--- START ---

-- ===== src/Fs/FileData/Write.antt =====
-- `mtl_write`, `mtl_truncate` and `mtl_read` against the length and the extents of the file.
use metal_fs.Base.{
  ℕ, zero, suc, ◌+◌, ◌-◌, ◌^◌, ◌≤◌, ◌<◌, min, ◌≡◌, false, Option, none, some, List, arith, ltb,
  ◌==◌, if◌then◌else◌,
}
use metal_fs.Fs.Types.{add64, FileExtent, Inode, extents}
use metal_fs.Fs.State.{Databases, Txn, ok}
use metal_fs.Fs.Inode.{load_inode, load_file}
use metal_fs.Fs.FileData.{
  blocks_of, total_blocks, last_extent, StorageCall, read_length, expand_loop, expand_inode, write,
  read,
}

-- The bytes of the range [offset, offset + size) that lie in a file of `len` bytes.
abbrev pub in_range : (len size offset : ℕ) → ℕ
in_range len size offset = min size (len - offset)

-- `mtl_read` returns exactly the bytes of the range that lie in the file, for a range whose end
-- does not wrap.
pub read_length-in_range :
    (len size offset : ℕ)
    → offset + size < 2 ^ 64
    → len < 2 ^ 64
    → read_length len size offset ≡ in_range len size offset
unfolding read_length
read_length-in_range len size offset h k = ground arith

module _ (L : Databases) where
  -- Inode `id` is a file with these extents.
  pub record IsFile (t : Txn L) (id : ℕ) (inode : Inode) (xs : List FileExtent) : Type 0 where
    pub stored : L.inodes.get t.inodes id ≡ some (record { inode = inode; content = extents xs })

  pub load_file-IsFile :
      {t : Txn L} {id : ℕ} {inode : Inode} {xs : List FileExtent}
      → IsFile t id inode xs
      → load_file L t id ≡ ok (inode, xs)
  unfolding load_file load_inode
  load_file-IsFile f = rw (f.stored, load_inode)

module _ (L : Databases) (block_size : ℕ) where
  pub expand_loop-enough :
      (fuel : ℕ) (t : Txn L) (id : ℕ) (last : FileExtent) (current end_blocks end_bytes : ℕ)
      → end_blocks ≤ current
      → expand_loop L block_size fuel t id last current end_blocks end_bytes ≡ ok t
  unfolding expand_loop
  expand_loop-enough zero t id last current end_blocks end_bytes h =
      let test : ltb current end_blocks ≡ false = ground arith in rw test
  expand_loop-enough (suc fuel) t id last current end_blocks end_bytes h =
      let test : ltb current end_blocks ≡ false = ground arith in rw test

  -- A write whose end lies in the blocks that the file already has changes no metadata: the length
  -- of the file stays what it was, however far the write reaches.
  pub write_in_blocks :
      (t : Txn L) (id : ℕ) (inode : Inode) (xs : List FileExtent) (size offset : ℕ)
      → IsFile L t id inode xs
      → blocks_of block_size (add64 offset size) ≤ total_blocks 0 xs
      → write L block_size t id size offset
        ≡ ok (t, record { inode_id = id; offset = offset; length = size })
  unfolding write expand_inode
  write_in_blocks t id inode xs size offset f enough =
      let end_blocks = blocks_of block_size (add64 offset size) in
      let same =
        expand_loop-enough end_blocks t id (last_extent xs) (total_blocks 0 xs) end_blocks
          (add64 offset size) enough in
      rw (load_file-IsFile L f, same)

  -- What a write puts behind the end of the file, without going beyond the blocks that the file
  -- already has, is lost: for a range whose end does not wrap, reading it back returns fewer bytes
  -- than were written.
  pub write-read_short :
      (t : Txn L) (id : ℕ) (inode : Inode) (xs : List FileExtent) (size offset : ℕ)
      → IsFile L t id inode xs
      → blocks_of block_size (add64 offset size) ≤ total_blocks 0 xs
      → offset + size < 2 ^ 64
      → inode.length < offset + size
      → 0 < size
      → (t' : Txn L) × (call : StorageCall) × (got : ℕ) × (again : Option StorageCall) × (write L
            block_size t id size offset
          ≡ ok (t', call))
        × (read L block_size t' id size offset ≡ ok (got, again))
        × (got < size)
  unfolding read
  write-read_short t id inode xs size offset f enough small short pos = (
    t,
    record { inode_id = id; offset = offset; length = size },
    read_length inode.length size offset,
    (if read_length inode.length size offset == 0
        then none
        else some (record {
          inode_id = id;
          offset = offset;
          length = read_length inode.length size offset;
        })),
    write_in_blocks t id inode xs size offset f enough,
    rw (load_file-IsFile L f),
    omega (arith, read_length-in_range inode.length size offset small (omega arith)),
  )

--- END ---

■ **Requirement**
Copy each line above exactly as it stands.

■ **Answer space**
-- ===== src/Fs/FileData/Write.antt =====
-- `mtl_write`, `mtl_truncate` and `mtl_read` against the length and the extents of the file.
use metal_fs.Base.{
  ℕ, zero, suc, ◌+◌, ◌-◌, ◌^◌, ◌≤◌, ◌<◌, min, ◌≡◌, false, Option, none, some, List, arith, ltb,
  ◌==◌, if◌then◌else◌,
}
use metal_fs.Fs.Types.{add64, FileExtent, Inode, extents}
use metal_fs.Fs.State.{Databases, Txn, ok}
use metal_fs.Fs.Inode.{load_inode, load_file}
use metal_fs.Fs.FileData.{
  blocks_of, total_blocks, last_extent, StorageCall, read_length, expand_loop, expand_inode, write,
  read,
}

-- The bytes of the range [offset, offset + size) that lie in a file of `len` bytes.
abbrev pub in_range : (len size offset : ℕ) → ℕ
in_range len size offset = min size (len - offset)

-- `mtl_read` returns exactly the bytes of the range that lie in the file, for a range whose end
-- does not wrap.
pub read_length-in_range :
    (len size offset : ℕ)
    → offset + size < 2 ^ 64
    → len < 2 ^ 64
    → read_length len size offset ≡ in_range len size offset
unfolding read_length
read_length-in_range len size offset h k = ground arith

module _ (L : Databases) where
  -- Inode `id` is a file with these extents.
  pub record IsFile (t : Txn L) (id : ℕ) (inode : Inode) (xs : List FileExtent) : Type 0 where
    pub stored : L.inodes.get t.inodes id ≡ some (record { inode = inode; content = extents xs })

  pub load_file-IsFile :
      {t : Txn L} {id : ℕ} {inode : Inode} {xs : List FileExtent}
      → IsFile t id inode xs
      → load_file L t id ≡ ok (inode, xs)
  unfolding load_file load_inode
  load_file-IsFile f = rw (f.stored, load_inode)

module _ (L : Databases) (block_size : ℕ) where
  pub expand_loop-enough :
      (fuel : ℕ) (t : Txn L) (id : ℕ) (last : FileExtent) (current end_blocks end_bytes : ℕ)
      → end_blocks ≤ current
      → expand_loop L block_size fuel t id last current end_blocks end_bytes ≡ ok t
  unfolding expand_loop
  expand_loop-enough zero t id last current end_blocks end_bytes h =
      let test : ltb current end_blocks ≡ false = ground arith in rw test
  expand_loop-enough (suc fuel) t id last current end_blocks end_bytes h =
      let test : ltb current end_blocks ≡ false = ground arith in rw test

  -- A write whose end lies in the blocks that the file already has changes no metadata: the length
  -- of the file stays what it was, however far the write reaches.
  pub write_in_blocks :
      (t : Txn L) (id : ℕ) (inode : Inode) (xs : List FileExtent) (size offset : ℕ)
      → IsFile L t id inode xs
      → blocks_of block_size (add64 offset size) ≤ total_blocks 0 xs
      → write L block_size t id size offset
        ≡ ok (t, record { inode_id = id; offset = offset; length = size })
  unfolding write expand_inode
  write_in_blocks t id inode xs size offset f enough =
      let end_blocks = blocks_of block_size (add64 offset size) in
      let same =
        expand_loop-enough end_blocks t id (last_extent xs) (total_blocks 0 xs) end_blocks
          (add64 offset size) enough in
      rw (load_file-IsFile L f, same)

  -- What a write puts behind the end of the file, without going beyond the blocks that the file
  -- already has, is lost: for a range whose end does not wrap, reading it back returns fewer bytes
  -- than were written.
  pub write-read_short :
      (t : Txn L) (id : ℕ) (inode : Inode) (xs : List FileExtent) (size offset : ℕ)
      → IsFile L t id inode xs
      → blocks_of block_size (add64 offset size) ≤ total_blocks 0 xs
      → offset + size < 2 ^ 64
      → inode.length < offset + size
      → 0 < size
      → (t' : Txn L) × (call : StorageCall) × (got : ℕ) × (again : Option StorageCall) × (write L
            block_size t id size offset
          ≡ ok (t', call))
        × (read L block_size t' id size offset ≡ ok (got, again))
        × (got < size)
  unfolding read
  write-read_short t id inode xs size offset f enough small short pos = (
    t,
    record { inode_id = id; offset = offset; length = size },
    read_length inode.length size offset,
    (if read_length inode.length size offset == 0
        then none
        else some (record {
          inode_id = id;
          offset = offset;
          length = read_length inode.length size offset;
        })),
    write_in_blocks t id inode xs size offset f enough,
    rw (load_file-IsFile L f),
    omega (arith, read_length-in_range inode.length size offset small (omega arith)),
  )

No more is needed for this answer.